Search the data for the string "cases" and copy each line in which it appears.

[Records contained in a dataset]
++++++

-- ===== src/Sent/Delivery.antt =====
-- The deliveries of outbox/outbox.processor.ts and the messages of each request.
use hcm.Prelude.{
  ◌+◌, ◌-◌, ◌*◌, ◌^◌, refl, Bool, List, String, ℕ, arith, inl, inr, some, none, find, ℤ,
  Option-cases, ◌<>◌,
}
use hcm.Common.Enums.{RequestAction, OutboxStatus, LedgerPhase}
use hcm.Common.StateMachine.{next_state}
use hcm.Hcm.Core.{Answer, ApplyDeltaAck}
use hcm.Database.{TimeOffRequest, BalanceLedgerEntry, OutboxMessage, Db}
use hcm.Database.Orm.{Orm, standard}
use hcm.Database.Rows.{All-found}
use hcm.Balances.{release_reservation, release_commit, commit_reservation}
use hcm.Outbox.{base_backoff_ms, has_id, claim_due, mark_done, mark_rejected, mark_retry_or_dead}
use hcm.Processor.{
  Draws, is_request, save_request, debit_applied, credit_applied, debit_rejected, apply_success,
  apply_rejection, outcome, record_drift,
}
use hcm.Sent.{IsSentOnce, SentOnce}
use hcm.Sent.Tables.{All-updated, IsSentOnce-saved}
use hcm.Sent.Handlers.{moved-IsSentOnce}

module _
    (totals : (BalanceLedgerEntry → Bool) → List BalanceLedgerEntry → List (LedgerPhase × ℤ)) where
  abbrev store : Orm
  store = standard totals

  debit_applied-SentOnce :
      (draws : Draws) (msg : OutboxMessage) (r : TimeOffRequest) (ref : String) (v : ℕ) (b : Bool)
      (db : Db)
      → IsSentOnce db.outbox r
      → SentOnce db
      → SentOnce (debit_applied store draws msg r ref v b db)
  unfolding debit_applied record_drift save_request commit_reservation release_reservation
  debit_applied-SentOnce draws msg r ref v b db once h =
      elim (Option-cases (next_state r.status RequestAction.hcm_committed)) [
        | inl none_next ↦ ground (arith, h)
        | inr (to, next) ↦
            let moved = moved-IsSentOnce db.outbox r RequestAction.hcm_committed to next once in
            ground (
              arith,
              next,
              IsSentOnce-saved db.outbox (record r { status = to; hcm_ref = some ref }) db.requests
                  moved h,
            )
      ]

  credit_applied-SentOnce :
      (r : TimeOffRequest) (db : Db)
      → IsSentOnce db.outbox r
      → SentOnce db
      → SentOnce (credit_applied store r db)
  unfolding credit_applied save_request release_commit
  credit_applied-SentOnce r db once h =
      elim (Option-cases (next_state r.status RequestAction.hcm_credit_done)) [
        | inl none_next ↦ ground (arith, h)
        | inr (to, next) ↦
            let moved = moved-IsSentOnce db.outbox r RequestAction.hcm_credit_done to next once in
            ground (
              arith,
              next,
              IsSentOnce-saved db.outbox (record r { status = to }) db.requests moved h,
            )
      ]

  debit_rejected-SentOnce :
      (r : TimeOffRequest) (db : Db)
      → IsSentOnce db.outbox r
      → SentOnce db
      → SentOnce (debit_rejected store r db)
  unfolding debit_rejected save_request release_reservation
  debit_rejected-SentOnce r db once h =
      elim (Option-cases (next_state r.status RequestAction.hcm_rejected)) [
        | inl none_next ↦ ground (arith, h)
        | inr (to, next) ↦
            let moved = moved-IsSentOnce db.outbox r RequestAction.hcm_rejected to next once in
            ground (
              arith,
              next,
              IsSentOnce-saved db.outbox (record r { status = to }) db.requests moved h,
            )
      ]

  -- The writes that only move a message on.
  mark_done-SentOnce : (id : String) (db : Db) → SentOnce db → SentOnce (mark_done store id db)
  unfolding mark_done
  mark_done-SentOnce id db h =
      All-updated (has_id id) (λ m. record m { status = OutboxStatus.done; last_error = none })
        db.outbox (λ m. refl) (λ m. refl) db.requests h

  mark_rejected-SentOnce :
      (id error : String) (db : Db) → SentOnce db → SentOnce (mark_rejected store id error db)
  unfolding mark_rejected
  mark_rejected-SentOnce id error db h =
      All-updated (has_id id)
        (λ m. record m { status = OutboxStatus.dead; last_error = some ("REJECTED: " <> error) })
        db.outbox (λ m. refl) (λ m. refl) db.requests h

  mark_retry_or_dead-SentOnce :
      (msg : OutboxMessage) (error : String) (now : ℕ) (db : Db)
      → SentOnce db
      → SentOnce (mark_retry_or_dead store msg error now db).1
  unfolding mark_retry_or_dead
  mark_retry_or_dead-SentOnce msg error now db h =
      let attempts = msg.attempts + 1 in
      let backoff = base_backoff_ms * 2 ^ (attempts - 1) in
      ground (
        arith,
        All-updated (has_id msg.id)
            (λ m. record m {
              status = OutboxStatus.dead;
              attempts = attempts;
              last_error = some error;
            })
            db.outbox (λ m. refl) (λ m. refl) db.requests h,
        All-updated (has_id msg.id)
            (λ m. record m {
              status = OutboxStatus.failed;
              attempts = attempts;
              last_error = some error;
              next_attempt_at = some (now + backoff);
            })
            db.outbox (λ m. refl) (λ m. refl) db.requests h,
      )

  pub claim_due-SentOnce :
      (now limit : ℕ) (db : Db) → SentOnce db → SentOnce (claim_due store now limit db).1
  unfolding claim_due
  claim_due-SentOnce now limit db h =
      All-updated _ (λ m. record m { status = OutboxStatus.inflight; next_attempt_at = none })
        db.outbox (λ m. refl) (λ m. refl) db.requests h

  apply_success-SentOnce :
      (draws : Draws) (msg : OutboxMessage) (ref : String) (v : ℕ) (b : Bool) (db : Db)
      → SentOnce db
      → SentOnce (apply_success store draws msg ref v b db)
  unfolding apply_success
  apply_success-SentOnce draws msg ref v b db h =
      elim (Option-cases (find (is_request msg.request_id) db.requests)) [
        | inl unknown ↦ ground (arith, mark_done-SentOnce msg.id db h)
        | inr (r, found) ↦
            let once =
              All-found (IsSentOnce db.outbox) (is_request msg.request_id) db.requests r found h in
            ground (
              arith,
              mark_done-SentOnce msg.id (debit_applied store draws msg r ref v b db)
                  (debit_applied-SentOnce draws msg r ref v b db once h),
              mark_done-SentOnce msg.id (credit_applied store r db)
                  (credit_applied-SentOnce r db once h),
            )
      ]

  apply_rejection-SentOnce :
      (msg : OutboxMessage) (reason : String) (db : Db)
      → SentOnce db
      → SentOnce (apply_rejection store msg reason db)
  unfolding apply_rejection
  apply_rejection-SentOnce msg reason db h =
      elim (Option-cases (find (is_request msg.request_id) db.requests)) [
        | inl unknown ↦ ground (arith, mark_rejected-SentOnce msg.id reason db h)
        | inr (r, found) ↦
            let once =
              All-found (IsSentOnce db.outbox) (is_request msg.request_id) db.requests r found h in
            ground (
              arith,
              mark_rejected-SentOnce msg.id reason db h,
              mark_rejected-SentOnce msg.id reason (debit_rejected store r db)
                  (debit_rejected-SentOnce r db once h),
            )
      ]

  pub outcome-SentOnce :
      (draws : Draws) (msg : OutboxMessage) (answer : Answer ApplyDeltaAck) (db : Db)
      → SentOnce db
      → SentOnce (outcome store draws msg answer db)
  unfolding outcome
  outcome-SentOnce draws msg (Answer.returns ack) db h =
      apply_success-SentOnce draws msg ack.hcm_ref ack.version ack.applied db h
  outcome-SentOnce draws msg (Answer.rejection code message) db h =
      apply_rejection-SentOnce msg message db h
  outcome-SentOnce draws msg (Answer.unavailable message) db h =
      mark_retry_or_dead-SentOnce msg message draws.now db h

++++++

**Written response**
  Option-cases, ◌<>◌,
      elim (Option-cases (next_state r.status RequestAction.hcm_committed)) [
      elim (Option-cases (next_state r.status RequestAction.hcm_credit_done)) [
      elim (Option-cases (next_state r.status RequestAction.hcm_rejected)) [
      elim (Option-cases (find (is_request msg.request_id) db.requests)) [
      elim (Option-cases (find (is_request msg.request_id) db.requests)) [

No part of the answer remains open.